Daniel Holzman said:


> I assume you are talking about potable water, not PEX for heating. Potable water is rarely set hotter than 125 degrees F, occasionally I have seen 130 degrees F, versus hot water heat that can be 160 degrees, occasionally hotter. There is very little expansion of PEX at 125 degrees, so the hole through the joists can be slightly larger than the PEX, say 1/8 inch larger. If in any doubt, simply drop a short length of PEX into hot water, it will expand to whatever its final dimension will be very quickly, and you can test how large a hole you need.
> 
> As to the allowable dimensions for holes in joists, they are the same whether you are running wire, tubing, or just like to put holes in your joists. For 3/4 inch PEX, a 7/8 inch hole near the midpoint top to bottom of the joist should be OK, but you may want to use 1 inch to make it easier to pull. I have a fair amount of PEX run exactly that way in my basement. You can of course hang the PEX from the joists, or put it between joists if it goes that way, but if you are perpendicular to the joists and you want to hide the PEX a little, joist holes work well.


I mentioned expansion loops only because I found several reports online of plumbers being dinged by the building inspector for not using them, even on potable lines. 

I guess I'm still unsure of the relative pros and cons of drilling all those holes in the joists, versus running all those runners. Neither one sounds appealing. Was hoping someone who had done it could say which was preferable.


----------



## TheEplumber (Jul 20, 2010)

I use 1 3/8 holes for water piping up to 1"
Then I use these in the hole after the pipe is in. Wrap them over the pipe and pound them into the hole- thats why us plumbers call them pound-ins :laughing:
http://www.siouxchief.com/Support/Supply-Hangers/EZ-Glide-Tube-Insulator.80P0X


----------



## dave11 (Mar 16, 2009)

TheEplumber said:


> I use 1 3/8 holes for water piping up to 1"
> Then I use these in the hole after the pipe is in. Wrap them over the pipe and pound them into the hole- thats why us plumbers call them pound-ins :laughing:
> http://www.siouxchief.com/Support/Supply-Hangers/EZ-Glide-Tube-Insulator.80P0X


I had seen those pex supports and wondered about them. Seems like putting multiple 1 3/8 inch holes in every joist though would weaken them at least a little.


----------



## Daniel Holzman (Mar 10, 2009)

As long as you put the holes in the correct location, which is in the middle third of the joist (top to bottom), the holes hardly weaken the joists at all. This is because the middle of the joist is the neutral axis of the beam, and carries no load. A small hole centered top to bottom has a negligible effect on the strength of the joist. You can of course put the lines below the joist using hangers, but the advantage of putting them through the middle is they are less likely to be damaged by impact, and they do not reduce headroom.


----------



## jagans (Oct 21, 2012)

You can put a hole one third the width of the joist dead center without loss of strength. The top of the joist is in compression. The bottom is in tension. The middle is neutral. The Bang ins look nice, but not really necessary, except at the end of a run. IMO. 1/4 inch larger than the pipe OD seems fine to me. If you are going through the joists you are going to want t milwaukee right angle drill and augers with lead screw, or you will struggle. A piece of scrap 2x jiffy clamped to back up the hole allows the lead screw to pull right through the joist. Really cuts down on the sweat.


----------



## dave11 (Mar 16, 2009)

Are those inserts required by Code for joist penetration? It seems to me that the smooth hole left behind by a hole saw would be no rougher than the inside of those inserts. Why not let the joist support the pex on its own?
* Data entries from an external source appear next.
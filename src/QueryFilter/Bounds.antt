-- ===== src/QueryFilter/Bounds.antt =====
-- `parse` of backend/query_filter/parser.py as a whole: it ends on every input, and what it accepts
-- is in bounds.
use verisearch.Prelude.{
  ℕ, ◌+◌, ◌≤◌, ◌≡◌, ◌≢◌, ◌⊎◌, sym, ◌∙◌, refl, false, ◌||◌, none, [], ◌∷◌, ltb, Str, length,
  is_empty, all, arith, subst, Bool-cases, inl, inr,
}
use verisearch.QueryFilter.Ast.{FilterNode, leaves}
use verisearch.QueryFilter.Host.{Host}
use verisearch.QueryFilter.State.{
  State, ParseError, Result, ok, fail, recursion_error, diverge, init,
}
use verisearch.QueryFilter.Frames.{Below, parse-Below}
use verisearch.QueryFilter.Lexer.{first, skip_whitespace}
use verisearch.QueryFilter.Parser.{parse, finish}
use verisearch.QueryFilter.Rules.{
  Ensures, bind-Ensures, modify-Ensures, peek-Ensures, error-Ensures, skip_whitespace-Steps, Steps,
}
use verisearch.QueryFilter.Trees.{height, IsWellFormed}
use verisearch.QueryFilter.ParserRules.{Parsed}
use verisearch.QueryFilter.Expressions.{parse_expr-Parsed}

-- What is known of an accepted filter, and of the state in which the parser stops.
pub record Accepted {F : Type 0} (node : FilterNode F) (t : State) : Type 0 where
  pub well_formed : IsWellFormed node
  pub few_leaves : leaves node ≤ 1024
  pub low : height node ≤ 64
  pub exhausted : t.rest ≡ []
  pub closed : t.depth ≡ 0

no_first : (s : Str) → first s ≡ none → s ≡ []
no_first [] h = refl
no_first (c ∷ s) h = cc

module _ {F : Type 0} (host : Host F) where
  finish-Accepted :
      (source : Str) (node : FilterNode F) (s : State)
      → Parsed 64 (init source) node s
      → Ensures Accepted (finish host node s)
  unfolding finish
  finish-Accepted source node s p =
      let t : State = skip_whitespace s in
      let blank : Steps s t = skip_whitespace-Steps s in
      modify-Ensures Accepted s skip_whitespace _ (
        peek-Ensures Accepted t _ _
          (λ e. record {
            well_formed = p.well_formed;
            few_leaves = omega arith;
            low = p.low;
            exhausted = no_first t.rest e;
            closed = omega arith;
          })
          (λ ch _. error-Ensures Accepted t _))

  parse-Accepted :
      (frames : ℕ) (input : Str)
      → 165 + length input ≤ frames
      → Ensures Accepted (parse host frames input)
  unfolding parse
  parse-Accepted frames input room = elim (Bool-cases (is_empty input || all host.is_space input)) [
    | inl blank ↦ rw blank tt
    | inr text ↦ rw text (elim (Bool-cases (ltb 16384 (length input))) [
      | inl long ↦ rw long tt
      | inr short ↦ rw short (
          bind-Ensures Accepted (init input) (Parsed 64 (init input)) _ _
            (parse_expr-Parsed host 32 frames (init input) (omega arith) (omega arith))
            (finish-Accepted input))
    ])
  ]

  -- A stack that has room for every call.
  abbrev enough : ℕ → Str → ℕ
  enough frames input = frames + (165 + length input)

  below_enough :
      (frames : ℕ) (input : Str)
      → Below (parse host frames input) (parse host (enough frames input) input)
  below_enough frames input = parse-Below host frames (enough frames input) input (omega arith)

  Accepted-enough :
      (frames : ℕ) (input : Str) → Ensures Accepted (parse host (enough frames input) input)
  Accepted-enough frames input = parse-Accepted (enough frames input) input (omega arith)

  ends :
      (r : Result (FilterNode F))
      → Ensures Accepted r
      → ((node : FilterNode F) × (t : State) × (r ≡ ok node t)) ⊎ ((e : ParseError) × (r ≡ fail e))
  ends (ok node t) h = inl (node, t, refl)
  ends (fail e) h = inr (e, refl)
  ends recursion_error h = absurd h
  ends diverge h = absurd h

  not_diverge : (r r' : Result (FilterNode F)) → Below r r' → Ensures Accepted r' → r ≢ diverge
  not_diverge r r' (inl over) h e = cc
  not_diverge r r' (inr same) h e = subst (Ensures Accepted) (sym same ∙ e) h

  -- On every input, and however little room Python's stack has, no loop and no nesting of the parser uses up
  -- its bound: `parse` returns a tree or an error, or Python raises a RecursionError. Where the stack has
  -- room for 165 calls of the recursive methods and one for each character of the input, `parse` returns.
  pub parse-returns :
      (frames : ℕ) (input : Str)
      → (parse host frames input ≢ diverge)
        × (165 + length input ≤ frames
            → ((node : FilterNode F) × (t : State) × (parse host frames input ≡ ok node t))
              ⊎ ((e : ParseError) × (parse host frames input ≡ fail e)))
  parse-returns frames input = (
    not_diverge (parse host frames input) (parse host (enough frames input) input)
        (below_enough frames input) (Accepted-enough frames input),
    λ room. ends (parse host frames input) (parse-Accepted frames input room),
  )

  guarded :
      (frames : ℕ) (input : Str) {node : FilterNode F} {t : State}
      → parse host frames input ≡ ok node t
      → (all host.is_space input ≡ false) × (length input ≤ 16384)
  unfolding parse
  guarded frames [] e = cc
  guarded frames (c ∷ input) e = ground arith

  accepted :
      (r r' : Result (FilterNode F)) (node : FilterNode F) (t : State)
      → Below r r'
      → Ensures Accepted r'
      → r ≡ ok node t
      → Accepted node t
  accepted r r' node t (inl over) h e = let q : recursion_error ≡ ok node t = sym over ∙ e in cc
  accepted r r' node t (inr same) h e = subst (Ensures Accepted) (sym same ∙ e) h

  -- An accepted input is at most 16384 code points long and not all blank. Its filter has allowed
  -- fields and literals in bounds, sets of 1 to 256 values, two operands or more for each `and` and
  -- `or`, at most 1024 leaf comparisons, and `and` and `or` nested at most 64 deep; the parser has
  -- then read all the input and closed every parenthesis.
  pub parse-Bounded :
      (frames : ℕ) (input : Str) (node : FilterNode F) (t : State)
      → parse host frames input ≡ ok node t
      → (all host.is_space input ≡ false) × (length input ≤ 16384) × Accepted node t
  parse-Bounded frames input node t e =
      let g : (all host.is_space input ≡ false) × (length input ≤ 16384) = guarded frames input e in
      (
        g.0,
        g.1,
        accepted (parse host frames input) (parse host (enough frames input) input) node t
            (below_enough frames input) (Accepted-enough frames input) e,
      )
That way a smaller hole could be used (?)


----------



## TheEplumber (Jul 20, 2010)

dave11 said:


> Are those inserts required by Code for joist penetration? It seems to me that the smooth hole left behind by a hole saw would be no rougher than the inside of those inserts. Why not let the joist support the pex on its own?
> 
> That way a smaller hole could be used (?)


When I started apprenticing over 20yrs ago my jman handed me a hole hawg with a 1 3/8 bit(we call them water bits) and said go dill out the 3rd floor of that apartment complex. Been using one ever since.
The plugs are needed to avoid vibrations and abrasions. There are other styles too- like suspension clamps
I don't use them on every hole-


----------



## pexmania (Mar 11, 2021)

dave11 said:


> I had seen those pex supports and wondered about them. Seems like putting multiple 1 3/8 inch holes in every joist though would weaken them at least a little.


My thoughts exactly. I was worried about weakening it.


----------



## FrankWC (Nov 19, 2020)

The "pound-ins" prevent the attic or basement from having ghosts in the night. 😀


----------